━━━ Task data ━━━
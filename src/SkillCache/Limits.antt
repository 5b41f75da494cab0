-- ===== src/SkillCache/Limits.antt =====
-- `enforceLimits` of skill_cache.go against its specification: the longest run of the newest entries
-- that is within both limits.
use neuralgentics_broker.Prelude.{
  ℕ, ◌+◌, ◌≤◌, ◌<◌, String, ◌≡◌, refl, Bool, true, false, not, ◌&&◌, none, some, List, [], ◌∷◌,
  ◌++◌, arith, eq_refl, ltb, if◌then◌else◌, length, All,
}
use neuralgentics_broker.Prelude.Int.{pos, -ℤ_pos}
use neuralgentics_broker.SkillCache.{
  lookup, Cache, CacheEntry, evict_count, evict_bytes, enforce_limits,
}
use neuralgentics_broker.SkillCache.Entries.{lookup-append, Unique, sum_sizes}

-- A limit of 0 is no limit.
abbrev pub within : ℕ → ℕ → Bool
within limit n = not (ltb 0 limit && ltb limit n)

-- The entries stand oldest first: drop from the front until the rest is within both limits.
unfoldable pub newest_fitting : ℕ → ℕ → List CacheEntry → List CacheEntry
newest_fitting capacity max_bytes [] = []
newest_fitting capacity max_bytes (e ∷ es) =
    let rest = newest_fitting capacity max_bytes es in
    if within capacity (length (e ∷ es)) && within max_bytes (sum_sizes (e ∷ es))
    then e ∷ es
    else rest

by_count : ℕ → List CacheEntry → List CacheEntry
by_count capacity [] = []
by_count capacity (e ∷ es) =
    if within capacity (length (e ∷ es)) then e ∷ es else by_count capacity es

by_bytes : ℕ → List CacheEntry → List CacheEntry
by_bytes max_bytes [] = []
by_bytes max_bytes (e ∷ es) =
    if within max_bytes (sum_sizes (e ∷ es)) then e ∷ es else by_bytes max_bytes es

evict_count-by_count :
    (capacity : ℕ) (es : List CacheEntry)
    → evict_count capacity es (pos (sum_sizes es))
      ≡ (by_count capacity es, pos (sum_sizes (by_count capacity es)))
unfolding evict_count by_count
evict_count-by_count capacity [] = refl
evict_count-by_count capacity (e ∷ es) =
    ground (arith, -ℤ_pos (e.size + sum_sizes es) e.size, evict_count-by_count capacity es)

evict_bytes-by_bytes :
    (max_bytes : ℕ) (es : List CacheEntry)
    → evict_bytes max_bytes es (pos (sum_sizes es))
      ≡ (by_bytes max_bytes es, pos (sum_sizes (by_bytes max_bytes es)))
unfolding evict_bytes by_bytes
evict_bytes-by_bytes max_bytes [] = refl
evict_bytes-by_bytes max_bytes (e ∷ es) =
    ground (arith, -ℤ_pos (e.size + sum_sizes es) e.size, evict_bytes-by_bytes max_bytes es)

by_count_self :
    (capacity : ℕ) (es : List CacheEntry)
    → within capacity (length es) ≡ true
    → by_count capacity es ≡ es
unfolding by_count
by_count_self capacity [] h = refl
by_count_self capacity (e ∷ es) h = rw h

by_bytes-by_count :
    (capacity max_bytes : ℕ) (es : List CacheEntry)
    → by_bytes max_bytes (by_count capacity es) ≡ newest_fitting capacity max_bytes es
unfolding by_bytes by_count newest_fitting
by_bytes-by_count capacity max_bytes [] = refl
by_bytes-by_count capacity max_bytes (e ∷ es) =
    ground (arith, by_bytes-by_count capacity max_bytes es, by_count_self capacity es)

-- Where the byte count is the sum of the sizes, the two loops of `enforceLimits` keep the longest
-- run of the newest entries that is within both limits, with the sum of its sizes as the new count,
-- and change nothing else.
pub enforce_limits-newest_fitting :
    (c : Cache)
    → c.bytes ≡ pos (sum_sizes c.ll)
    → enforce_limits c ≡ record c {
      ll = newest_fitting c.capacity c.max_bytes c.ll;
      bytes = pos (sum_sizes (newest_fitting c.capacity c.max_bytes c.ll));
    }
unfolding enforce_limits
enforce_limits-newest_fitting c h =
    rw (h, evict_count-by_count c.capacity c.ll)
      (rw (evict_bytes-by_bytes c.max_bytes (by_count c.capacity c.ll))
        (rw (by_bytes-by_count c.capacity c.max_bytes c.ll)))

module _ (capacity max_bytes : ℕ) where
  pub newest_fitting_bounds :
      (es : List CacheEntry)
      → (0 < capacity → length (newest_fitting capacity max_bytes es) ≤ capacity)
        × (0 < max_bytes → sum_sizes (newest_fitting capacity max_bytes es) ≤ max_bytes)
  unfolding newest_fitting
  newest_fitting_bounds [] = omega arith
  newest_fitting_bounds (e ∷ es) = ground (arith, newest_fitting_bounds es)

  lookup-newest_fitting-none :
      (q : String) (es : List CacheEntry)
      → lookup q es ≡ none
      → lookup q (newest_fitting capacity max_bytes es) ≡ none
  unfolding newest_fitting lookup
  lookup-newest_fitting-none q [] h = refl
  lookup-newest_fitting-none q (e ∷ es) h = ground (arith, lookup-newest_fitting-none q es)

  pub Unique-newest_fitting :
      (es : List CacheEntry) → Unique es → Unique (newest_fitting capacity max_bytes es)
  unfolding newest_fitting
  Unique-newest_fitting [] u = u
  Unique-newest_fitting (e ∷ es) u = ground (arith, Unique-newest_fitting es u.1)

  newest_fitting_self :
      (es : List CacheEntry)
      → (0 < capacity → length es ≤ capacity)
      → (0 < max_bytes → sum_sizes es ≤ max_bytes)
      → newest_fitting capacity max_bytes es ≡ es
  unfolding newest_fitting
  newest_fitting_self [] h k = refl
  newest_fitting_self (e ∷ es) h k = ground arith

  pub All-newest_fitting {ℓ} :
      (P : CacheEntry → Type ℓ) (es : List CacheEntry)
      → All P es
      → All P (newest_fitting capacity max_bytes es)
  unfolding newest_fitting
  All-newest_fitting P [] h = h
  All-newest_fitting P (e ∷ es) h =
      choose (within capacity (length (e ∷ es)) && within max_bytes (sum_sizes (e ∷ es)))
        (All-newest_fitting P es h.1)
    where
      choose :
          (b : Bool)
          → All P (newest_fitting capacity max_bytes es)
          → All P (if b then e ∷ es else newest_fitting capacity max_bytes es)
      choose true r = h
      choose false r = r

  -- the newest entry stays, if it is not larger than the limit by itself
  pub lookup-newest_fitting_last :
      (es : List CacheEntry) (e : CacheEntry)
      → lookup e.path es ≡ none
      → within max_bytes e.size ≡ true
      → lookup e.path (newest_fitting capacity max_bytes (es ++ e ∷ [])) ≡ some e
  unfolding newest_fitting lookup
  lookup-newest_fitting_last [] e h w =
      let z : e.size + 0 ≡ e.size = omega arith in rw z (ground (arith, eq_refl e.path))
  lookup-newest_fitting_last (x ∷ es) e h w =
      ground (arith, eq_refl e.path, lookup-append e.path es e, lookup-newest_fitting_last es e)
━━━
## The problem
Write out exactly the lines from the one with "newest_fitting_self (e ∷" through the end of the records above, both ends included, and leave out all other lines.

## Answer below
  newest_fitting_self (e ∷ es) h k = ground arith

  pub All-newest_fitting {ℓ} :
      (P : CacheEntry → Type ℓ) (es : List CacheEntry)
      → All P es
      → All P (newest_fitting capacity max_bytes es)
  unfolding newest_fitting
  All-newest_fitting P [] h = h
  All-newest_fitting P (e ∷ es) h =
      choose (within capacity (length (e ∷ es)) && within max_bytes (sum_sizes (e ∷ es)))
        (All-newest_fitting P es h.1)
    where
      choose :
          (b : Bool)
          → All P (newest_fitting capacity max_bytes es)
          → All P (if b then e ∷ es else newest_fitting capacity max_bytes es)
      choose true r = h
      choose false r = r

  -- the newest entry stays, if it is not larger than the limit by itself
  pub lookup-newest_fitting_last :
      (es : List CacheEntry) (e : CacheEntry)
      → lookup e.path es ≡ none
      → within max_bytes e.size ≡ true
      → lookup e.path (newest_fitting capacity max_bytes (es ++ e ∷ [])) ≡ some e
  unfolding newest_fitting lookup
  lookup-newest_fitting_last [] e h w =
      let z : e.size + 0 ≡ e.size = omega arith in rw z (ground (arith, eq_refl e.path))
  lookup-newest_fitting_last (x ∷ es) e h w =
      ground (arith, eq_refl e.path, lookup-append e.path es e, lookup-newest_fitting_last es e)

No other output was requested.